È in programma dal 12 al 14 novembre ad Atene il seminario tecnico congiunto promosso dai paesi europei partner del progetto EcoSustain, co-finanziato dal Fondo europeo di sviluppo regionale (programma Interreg Mediterraneo), che rappresenta un’azione transnazionale congiunta verso la conservazione della biodiversità e degli ecosistemi naturali grazie a una gestione più forte e alla creazione di reti di aree protette ottenute attraverso la condivisione di capacità, tecnologie innovative e una migliore base di conoscenze di gestione.
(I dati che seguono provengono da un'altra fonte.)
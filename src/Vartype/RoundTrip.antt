-- ===== src/Vartype/RoundTrip.antt =====
-- Printing and parsing a type name (crates/haste_vartype/src/parser.rs).
use haste.Prelude.{
  ℕ, zero, suc, ◌+◌, ◌≤◌, ◌≡◌, refl, arith, Bool, false, List, [], ◌∷◌, length, length-append,
}
use native.Mathlib.Numerals.{add-one}
use haste.Outcome.{ok}
use haste.Vartype.{TokenKind, l_angle, r_angle, l_square, r_square, asterisk}
use haste.Vartype.Tokenizer.{Charsor}
use haste.Vartype.Parser.{Expr, str, num, pointer, template, array, parse}
use haste.Vartype.Print.{
  decimal, decimal-Word, spell_len, spell, text, print, Word, Len, IsTypeName,
}
use haste.Vartype.Tokens.{CharsorLaws, Yields, MarkFirst, IsSpaced, text-Yields}
use haste.Vartype.Reached.{size, rounds_lt_size, Reached, loop_end, spell-Reached}

-- The tokens of a type name are spaced, and its text has a character for each of its parts.
spell_len-IsSpaced :
    (e : Expr) (ks : List TokenKind)
    → Len e
    → MarkFirst ks
    → IsSpaced ks
    → IsSpaced (spell_len e ks)
spell_len-IsSpaced (Expr.ident w) ks h m sp = (h, m, sp)
spell_len-IsSpaced (Expr.lit (num n)) ks h m sp = (decimal-Word n, m, sp)
spell_len-IsSpaced (Expr.lit (str w)) ks h m sp = absurd h
spell_len-IsSpaced (pointer e) ks h m sp = absurd h
spell_len-IsSpaced (template e a) ks h m sp = absurd h
spell_len-IsSpaced (array e a) ks h m sp = absurd h

spell-IsSpaced :
    (e : Expr) (ks : List TokenKind)
    → IsTypeName e
    → MarkFirst ks
    → IsSpaced ks
    → IsSpaced (spell e ks)
spell-IsSpaced (Expr.ident w) ks h m sp = (h, m, sp)
spell-IsSpaced (Expr.lit l) ks h m sp = absurd h
spell-IsSpaced (pointer e) ks h m sp = spell-IsSpaced e (asterisk ∷ ks) h tt sp
spell-IsSpaced (array e len) ks (h, hl) m sp =
    spell-IsSpaced e (l_square ∷ spell_len len (r_square ∷ ks)) h tt
      (spell_len-IsSpaced len (r_square ∷ ks) hl tt sp)
spell-IsSpaced (template e arg) ks (h, ha) m sp =
    spell-IsSpaced e (l_angle ∷ spell arg (r_angle ∷ ks)) h tt
      (spell-IsSpaced arg (r_angle ∷ ks) ha tt sp)

Word-length : (f g : ℕ → Bool) (w : List ℕ) → Word f g w → 1 ≤ length w
Word-length f g [] h = absurd h
Word-length f g (c ∷ cs) h = omega arith

size-le-text :
    (e : Expr) (ks : List TokenKind)
    → IsTypeName e
    → size e + length (text ks) ≤ length (text (spell e ks))
size-le-text (Expr.ident w) ks h = omega (arith, length-append w (text ks), Word-length _ _ w h)
size-le-text (Expr.lit l) ks h = absurd h
size-le-text (pointer e) ks h = omega (arith, size-le-text e (asterisk ∷ ks) h)
size-le-text (array e len) ks (h, hl) =
    omega (
      arith,
      size-le-text e (l_square ∷ spell_len len (r_square ∷ ks)) h,
      longer len (r_square ∷ ks),
    )
  where
    longer : (n : Expr) (js : List TokenKind) → length (text js) ≤ length (text (spell_len n js))
    longer (Expr.ident w) js = omega (arith, length-append w (text js))
    longer (Expr.lit (num n)) js = omega (arith, length-append (decimal n) (text js))
    longer (Expr.lit (str w)) js = omega arith
    longer (pointer x) js = omega arith
    longer (template x a) js = omega arith
    longer (array x a) js = omega arith
size-le-text (template e arg) ks (h, ha) = omega (
  arith,
  size-le-text e (l_angle ∷ spell arg (r_angle ∷ ks)) h,
  size-le-text arg (r_angle ∷ ks) ha,
)

-- In a build without debug assertions, parsing the text of a type name ends with that type name: of
-- an expression that is made of identifiers, pointers, templates and arrays, whose lengths are
-- identifiers or numbers below 2 ^ 64.
pub parse-print :
    {c : Charsor} (laws : CharsorLaws c) (e : Expr) → IsTypeName e → parse c false (print e) ≡ ok e
unfolding parse
parse-print {c} laws e h =
    let n = length (print e) in
    let y : Yields c (n + 1) (c.new (print e)) (spell e []) = rw add-one (
      text-Yields laws n (spell e []) (c.new (print e)) (spell-IsSpaced e [] h tt tt)
        (laws.left_new (print e))) in
    ended (
      spell-Reached c (n + 1) e (n + 1) (c.new (print e)) [] h (omega (arith, size-le-text e [] h))
        y)
  where
    ended :
        Reached c (length (print e) + 1) (length (print e) + 1) (c.new (print e)) e []
        → parse c false (print e) ≡ ok e
    ended (zero, s', r, to, y) = absurd (omega (arith, size-le-text e [] h, rounds_lt_size e))
    ended (suc left, s', r, to, y) =
        let (q, at) = loop_end c (length (print e) + 1) left e s' y in rw (parse, to, at) refl
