-- ===== src/Tests/Cursor.antt =====
-- A cursor over a list of characters, and the parser of the type names on it.
use mathlib.Core.List.{append_assoc}
use haste.Prelude.{
  ℕ, ◌-◌, ◌≡◌, refl, ap, ◌∙◌, arith, Bool, true, false, List, [], ◌∷◌, ◌++◌, Option, none, some,
  length, length-append, take, drop, take-length-append,
}
use haste.Outcome.{ok}
use haste.Vartype.{new_span}
use haste.Vartype.Tokenizer.{Charsor, next_token as next_of_tokenizer, emit, emit_word}
use haste.Vartype.Parser.{
  Expr, num, pointer, template, array, parse, parse_from, parse_loop, next_token, expect_token,
}
use haste.Vartype.Print.{print}
use haste.Vartype.Tokens.{CharsorLaws, take_while, drop_while}
use haste.Vartype.RoundTrip.{parse-print}

-- The characters behind the cursor, those before it, and where the last one stands.
pub record Cursor : Type 0 where
  passed : List ℕ
  left : List ℕ
  prev : ℕ

abbrev next_char : Cursor → Option (ℕ × Cursor)
next_char s = elim s.left [
  | [] ↦ none
  | ch ∷ cs ↦
      some (ch, record { passed = s.passed ++ (ch ∷ []); left = cs; prev = length s.passed })
]

abbrev eat : (ℕ → Bool) → Cursor → Cursor
eat f s = record s { passed = s.passed ++ take_while f s.left; left = drop_while f s.left }

abbrev pub cursor : Charsor
cursor = record {
  State = Cursor;
  new = λ input. record { passed = []; left = input; prev = 0 };
  next = next_char;
  prev_offset = λ s. s.prev;
  offset = λ s. length s.passed;
  eat_while = eat;
  slice_range = λ start end s. take (end - start) (drop start (s.passed ++ s.left));
}

drop-length-append : (xs ys : List ℕ) → drop (length xs) (xs ++ ys) ≡ ys
drop-length-append [] ys = refl
drop-length-append (x ∷ xs) ys = drop-length-append xs ys

behind_word :
    (p tw dw : List ℕ) (x : ℕ)
    → take
        (length ((p ++ (x ∷ [])) ++ tw) - length p)
        (drop (length p) (((p ++ (x ∷ [])) ++ tw) ++ dw))
      ≡ x ∷ tw
behind_word p tw dw x =
    let joined : ((p ++ (x ∷ [])) ++ tw) ++ dw ≡ p ++ ((x ∷ tw) ++ dw) =
      ap (λ (l : List ℕ). l ++ dw) (append_assoc p (x ∷ []) tw) ∙ append_assoc p (x ∷ tw) dw in
    let long : length ((p ++ (x ∷ [])) ++ tw) - length p ≡ length (x ∷ tw) =
      omega (arith, length-append (p ++ (x ∷ [])) tw, length-append p (x ∷ [])) in
    rw (joined, long, drop-length-append p ((x ∷ tw) ++ dw)) (take-length-append (x ∷ tw) dw)

slice_word :
    (f : ℕ → Bool) (s s' : Cursor) (ch : ℕ)
    → next_char s ≡ some (ch, s')
    → take
        (length (eat f s').passed - s'.prev)
        (drop s'.prev ((eat f s').passed ++ (eat f s').left))
      ≡ ch ∷ take_while f s'.left
slice_word f s s' ch h = by_left s.left h
  where
    by_left :
        (l : List ℕ)
        → next_char (record s { left = l }) ≡ some (ch, s')
        → take
            (length (eat f s').passed - s'.prev)
            (drop s'.prev ((eat f s').passed ++ (eat f s').left))
          ≡ ch ∷ take_while f s'.left
    by_left [] e = absurd (cc)
    by_left (x ∷ xs) e =
        let behind : Cursor = record {
          passed = s.passed ++ (x ∷ []);
          left = xs;
          prev = length s.passed;
        } in
        let same : behind ≡ s' = cc in
        let first : x ≡ ch = cc in
        rw (← same, ← first) (behind_word s.passed (take_while f xs) (drop_while f xs) x)

cursor-CharsorLaws : CharsorLaws cursor
cursor-CharsorLaws = record {
  left = λ s. s.left;
  left_new = λ input. refl;
  next_end = λ s h. rw h refl;
  next_char = λ s ch cs h. (
    record { passed = s.passed ++ (ch ∷ []); left = cs; prev = length s.passed },
    rw h refl,
    refl,
  );
  left_eat_while = λ f s. refl;
  slice_word = slice_word;
}

-- CHandle<A>[24]
abbrev handles : Expr
handles =
    array (template (Expr.ident (b'C' ∷ b'H' ∷ [])) (Expr.ident (b'A' ∷ []))) (Expr.lit (num 24))

parse-print_example : parse cursor false (print handles) ≡ ok handles
parse-print_example =
    parse-print cursor-CharsorLaws handles (((refl, (refl, tt)), (refl, tt)), omega arith)

-- ` A* `, with spaces.
spaces : parse cursor true (b' ' ∷ b'A' ∷ b'*' ∷ b' ' ∷ []) ≡ ok (pointer (Expr.ident (b'A' ∷ [])))
unfolding parse parse_from parse_loop next_token expect_token next_of_tokenizer emit emit_word
    new_span
spaces = refl

-- Behind a closing bracket at the top the rest of the input is not read.
rest_unread : parse cursor true (b'A' ∷ b'>' ∷ b'?' ∷ []) ≡ ok (Expr.ident (b'A' ∷ []))
unfolding parse parse_from parse_loop next_token expect_token next_of_tokenizer emit emit_word
    new_span
rest_unread = refl
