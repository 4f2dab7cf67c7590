-- ===== src/Tests/Decoders.antt =====
-- Runs of the field decoders, and their theorems at concrete inputs.
use haste.Prelude.{◌<◌, ◌*◌, ◌^◌, ℕ, ◌+◌, ◌≡◌, refl, arith, Bool, true, false, List, [], ◌∷◌, ◌↔◌}
use haste.Prelude.Int.{pos, ◌*ℤ◌, ◌-ℤ◌}
use haste.Outcome.{ok, success}
use haste.BitReader.{BitReader, ◌>>=◌, pure, num_bits_left, read_ubit64}
use haste.BitReader.FloatReaders.{read_bitangle}
use haste.BitReader.Runs.{Runs}
use haste.FieldValue.{FieldValue, i64, qangle, try_into_signed}
use haste.FieldValue.Conversions.{try_into_signed-exact}
use haste.FieldDecoder.{
  FieldDecodeContext, default_context, string_decoder, qangle_pitch_yaw_decoder, decode, skip,
  skip_bits,
}
use haste.FieldDecoder.Skips.{skip-decode_decoder}
use haste.FieldDecoder.Kinds.{Decoded, decode-Runs}
use haste.FieldDecoder.BitCounts.{skip_bits-decode_decoder}
use haste.Tests.BitList.{number_floats, take_bits}
use haste.Tests.Counted.{counted, counted-Documented, counted-Positions}

abbrev context : FieldDecodeContext number_floats
context = default_context number_floats

abbrev at : ℕ → List Bool → BitReader (counted true)
at n bits = record { inner = (n, bits); did_check_overflow = false }

abbrev text : BitReader (counted true)
text = at 0 (
    true ∷ false ∷ false ∷ false ∷ false ∷ true ∷ true ∷ false ∷ false ∷ false ∷ false ∷ false
    ∷ false ∷ false ∷ false ∷ false ∷ true ∷ [])

decode-Runs_example :
    Runs (Decoded string_decoder context) (decode {p = counted true} string_decoder context)
decode-Runs_example =
    decode-Runs (counted-Documented true) (counted-Positions true) string_decoder context refl

skip-decode_decoder_example :
    skip string_decoder context text ≡ (decode string_decoder context >>= λ r. pure r.1) text
skip-decode_decoder_example = skip-decode_decoder string_decoder context text refl

-- Two angles of two bits.
abbrev angles : BitReader (counted true)
angles = at 5 (true ∷ false ∷ true ∷ true ∷ false ∷ [])

decoded :
    decode (qangle_pitch_yaw_decoder 2) context angles
    ≡ ok ((qangle (pos 90, pos 270, pos 0), context), at 9 (false ∷ []))
unfolding decode read_bitangle read_ubit64 take_bits ◌*ℤ◌
decoded = refl

skip_bits-decode_decoder_example :
    (n : ℕ) × (skip_bits (qangle_pitch_yaw_decoder 2) angles ≡ ok (n, at 9 (false ∷ [])))
    × (num_bits_left (at 9 (false ∷ [])) + n ≡ num_bits_left angles)
skip_bits-decode_decoder_example =
    skip_bits-decode_decoder (counted-Documented true) (counted-Positions true)
      (qangle_pitch_yaw_decoder 2) context angles refl (omega arith) (omega arith) decoded

abbrev wide : FieldValue number_floats
wide = i64 (pos 128)

try_into_signed-exact_example :
    (try_into_signed 7 wide ≡ success (pos 128))
    ↔ ((wide ≡ i64 (pos 128)) × (k : ℕ) × (k < 2 * 2 ^ 7) × (pos 128 ≡ pos k -ℤ pos (2 ^ 7)))
try_into_signed-exact_example = try_into_signed-exact 7 wide (pos 128)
Il progetto si basa sul miglioramento dei monitoraggi della qualità delle acque (sia interne che marine, sia a breve che a lungo termine) grazie anche all’avanguardia di speciali boe dotate di sonde multiparametriche (TIC) e attraverso l’elaborazione di immagini satellitari, ha 10 partner in cinque paesi europei (Croazia, Bosnia, Grecia, Spagna e Italia) e si svolge nell’arco di 30 mesi. L’Italia è rappresentata dal Parco del Mincio che ha scelto come campo di applicazione della ricerca le Valli del Mincio, la zona acquatica di maggiore biodiversità soggetta però a numerose criticità tutte individuate nel percorso del “Contratto di fiume”.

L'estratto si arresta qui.